Volodymyr Savinov, un psychologue ukrainien, dit qu’il y a seulement un psychologue pour 100,000 personnes [Agnieszka Pikulicka-Wilczewska/Al Jazeera]
Beaucoup d’Ukrainiens, en particulier ceux qui se souviennent de l’empire soviétique, ne se sentent pas à l’aise d’aborder leur traumatisme. À l’époque, le système psychiatrique était souvent utilisé contre les dissidents, ce qui a alimenté la méfiance envers la thérapie parmi ceux qui l’associent à une captivité involontaire dans des institutions mentales.
“Les Soviétiques croient que si vous demandez de l’aide, vous êtes faible,” a déclaré Volodymyr Savinov, psychologue et chercheur à l’Institut de Psychologie Sociale et Politique à Kyiv.
Pour la génération plus âgée, se réunir dans leurs communautés et partager des expériences est généralement une manière préférée de traiter le traumatisme.

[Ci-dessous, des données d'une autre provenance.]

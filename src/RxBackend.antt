-- ===== src/RxBackend.antt =====
-- SidekiqRxBackend.cpp: the blocks of the SDK as results of the driver.
pub mod Normal
use soapy_sidekiq.Base.{
  ℕ, zero, suc, ◌+◌, ◌-◌, ◌*◌, ◌/◌, ◌%◌, ◌==◌, Bool, true, false, not, ◌||◌, List, [], ◌∷◌, ltb,
  if◌then◌else◌, Option, none, some, Outcome, ok,
}
use soapy_sidekiq.Base.Int.{ℤ, pos, eqb_ℤ}
use soapy_sidekiq.RxSession.{RxReceiveStatus, success, no_data, overrun, RxReceiveResult}

-- What `skiq_receive` stores through its pointers; the data array has no length of its own.
pub record SdkBlock : Type 0 where
  pub data_at : ℕ → ℕ
  pub rf_timestamp : ℕ
  pub sys_timestamp : ℕ

pub record SdkReceive : Type 0 where
  pub status : ℤ
  pub handle : ℕ
  pub block : Option SdkBlock
  pub byte_length : ℕ

-- The SDK's constants: the statuses no data and overrun, the value of -EINVAL, and the size of a header.
-- Success is 0.
pub record SdkCodes : Type 0 where
  pub no_data_status : ℤ
  pub overrun_status : ℤ
  pub invalid : ℤ
  pub header_size : ℕ

abbrev pub without_samples : RxReceiveStatus → ℤ → RxReceiveResult
without_samples status error_code = record {
  status = status;
  handle = 0;
  samples = [];
  rf_timestamp = 0;
  system_timestamp = 0;
  error_code = error_code;
}

-- The loop that copies the data array, from an index on.
unfoldable pub copied_data : (ℕ → ℕ) → ℕ → ℕ → List ℕ
copied_data data_at index zero = []
copied_data data_at index (suc n) = data_at index ∷ copied_data data_at (index + 1) n

unfoldable pub normalised : SdkCodes → SdkReceive → Option SdkBlock → RxReceiveResult
normalised codes r none =
    without_samples RxReceiveStatus.error
      (if eqb_ℤ r.status (pos 0) then codes.invalid else r.status)
normalised codes r (some block) =
    let complex_samples = (r.byte_length - codes.header_size) / 4 in
    if not (eqb_ℤ r.status (pos 0))
      || ltb r.byte_length codes.header_size
      || not ((r.byte_length - codes.header_size) % 4 == 0)
    then without_samples RxReceiveStatus.error
        (if eqb_ℤ r.status (pos 0) then codes.invalid else r.status)
    else record {
      status = success;
      handle = r.handle;
      samples = copied_data block.data_at 0 (complex_samples * 2);
      rf_timestamp = block.rf_timestamp;
      system_timestamp = block.sys_timestamp;
      error_code = pos 0;
    }

-- `SidekiqRxBackend::receive`.
unfoldable pub receive : SdkCodes → SdkReceive → RxReceiveResult
receive codes r =
    if eqb_ℤ r.status codes.no_data_status
    then without_samples no_data (pos 0)
    else if eqb_ℤ r.status codes.overrun_status
    then without_samples overrun (pos 0)
    else normalised codes r r.block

Pour cette raison, Savinov a utilisé la méthode du théâtre de rejeu.
Une forme de narration improvisée, elle utilise les histoires personnelles de l’audience comme base pour la performance. Les spectateurs partagent leurs expériences une par une, tandis que les acteurs les jouent dans une confrontation collective du traumatisme.
“Les gens sont contre la recherche d’aide psychologique, mais quand vous dites théâtre, ils sont impatients de participer et de partager leurs histoires, leur douleur. Vous ne pouvez pas l’appeler psychothérapie, mais c’est une pratique théâtrale qui a un effet thérapeutique,” dit Savinov.
Avec son groupe, Deja vu, Savinov a travaillé avec des personnes déplacées à l’intérieur du pays et des vétérans dans des hôpitaux.
Mais la guerre n’a pas épargné son projet. Un de ses acteurs a rejoint l’armée, un autre a quitté le pays, et un autre a été tué au combat.
Actuellement, il n’y a qu’un psychologue pour 100,000 personnes en Ukraine, un nombre qui devrait être multiplié par cinq au moins, dit Savinov.
Cependant, éduquer une nouvelle génération de thérapeutes prendra du temps.
“Avec la guerre, les psychologues sont devenus largement des volontaires avec un nombre accru de clients,” a-t-il dit. “J’ai dû développer une résilience au stress et apprendre de nouvelles méthodes pour continuer à travailler. Mais si ce n’est pas moi, alors qui ?”.